Try it
Write out exactly the lines of the entries below from the one holding "mod Examples" to the one holding "pub pending : Assoc String String", inclusive, and leave out all other lines.

[Stored items]
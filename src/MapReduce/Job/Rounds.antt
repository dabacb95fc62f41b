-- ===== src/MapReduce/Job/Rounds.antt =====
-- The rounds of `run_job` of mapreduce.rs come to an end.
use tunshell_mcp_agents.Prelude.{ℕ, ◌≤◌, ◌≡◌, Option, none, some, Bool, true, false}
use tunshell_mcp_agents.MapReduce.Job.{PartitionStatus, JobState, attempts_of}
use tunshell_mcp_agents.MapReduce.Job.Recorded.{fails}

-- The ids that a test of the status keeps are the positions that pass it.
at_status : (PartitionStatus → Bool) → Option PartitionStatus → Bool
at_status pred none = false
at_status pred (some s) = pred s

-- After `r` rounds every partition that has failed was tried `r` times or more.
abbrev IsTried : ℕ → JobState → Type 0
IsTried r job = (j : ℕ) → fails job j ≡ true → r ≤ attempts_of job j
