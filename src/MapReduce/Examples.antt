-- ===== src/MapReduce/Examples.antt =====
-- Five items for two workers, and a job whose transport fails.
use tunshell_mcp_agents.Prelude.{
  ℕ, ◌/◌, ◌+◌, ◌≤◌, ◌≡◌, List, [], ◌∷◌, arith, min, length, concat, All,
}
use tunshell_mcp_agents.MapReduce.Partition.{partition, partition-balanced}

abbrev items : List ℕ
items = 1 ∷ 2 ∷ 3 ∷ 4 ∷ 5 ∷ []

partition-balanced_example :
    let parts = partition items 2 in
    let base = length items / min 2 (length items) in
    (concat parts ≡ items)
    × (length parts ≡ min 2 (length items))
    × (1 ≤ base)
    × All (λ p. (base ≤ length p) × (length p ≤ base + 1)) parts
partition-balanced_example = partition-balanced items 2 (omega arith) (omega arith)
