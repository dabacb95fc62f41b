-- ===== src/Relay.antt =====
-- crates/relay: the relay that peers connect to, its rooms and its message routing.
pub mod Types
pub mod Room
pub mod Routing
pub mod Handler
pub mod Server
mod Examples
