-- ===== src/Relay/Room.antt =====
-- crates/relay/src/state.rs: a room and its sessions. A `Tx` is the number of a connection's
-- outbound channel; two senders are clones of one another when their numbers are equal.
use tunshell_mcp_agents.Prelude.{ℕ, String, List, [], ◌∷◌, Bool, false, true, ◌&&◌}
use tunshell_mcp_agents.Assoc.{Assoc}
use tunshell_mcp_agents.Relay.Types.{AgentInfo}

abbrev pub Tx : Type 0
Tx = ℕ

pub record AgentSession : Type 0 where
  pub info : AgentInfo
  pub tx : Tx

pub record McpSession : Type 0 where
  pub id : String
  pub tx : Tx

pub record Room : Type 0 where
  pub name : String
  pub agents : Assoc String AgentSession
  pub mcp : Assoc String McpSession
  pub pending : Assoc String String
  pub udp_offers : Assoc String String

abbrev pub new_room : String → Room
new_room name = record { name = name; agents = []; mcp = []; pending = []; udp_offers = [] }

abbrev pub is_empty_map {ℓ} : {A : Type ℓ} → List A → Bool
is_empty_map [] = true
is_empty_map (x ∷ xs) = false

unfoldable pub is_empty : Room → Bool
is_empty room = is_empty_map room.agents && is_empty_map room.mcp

Response to this exercise
mod Examples
-- ===== src/Relay/Room.antt =====
-- crates/relay/src/state.rs: a room and its sessions. A `Tx` is the number of a connection's
-- outbound channel; two senders are clones of one another when their numbers are equal.
use tunshell_mcp_agents.Prelude.{ℕ, String, List, [], ◌∷◌, Bool, false, true, ◌&&◌}
use tunshell_mcp_agents.Assoc.{Assoc}
use tunshell_mcp_agents.Relay.Types.{AgentInfo}

abbrev pub Tx : Type 0
Tx = ℕ

pub record AgentSession : Type 0 where
  pub info : AgentInfo
  pub tx : Tx

pub record McpSession : Type 0 where
  pub id : String
  pub tx : Tx

pub record Room : Type 0 where
  pub name : String
  pub agents : Assoc String AgentSession
  pub mcp : Assoc String McpSession
  pub pending : Assoc String String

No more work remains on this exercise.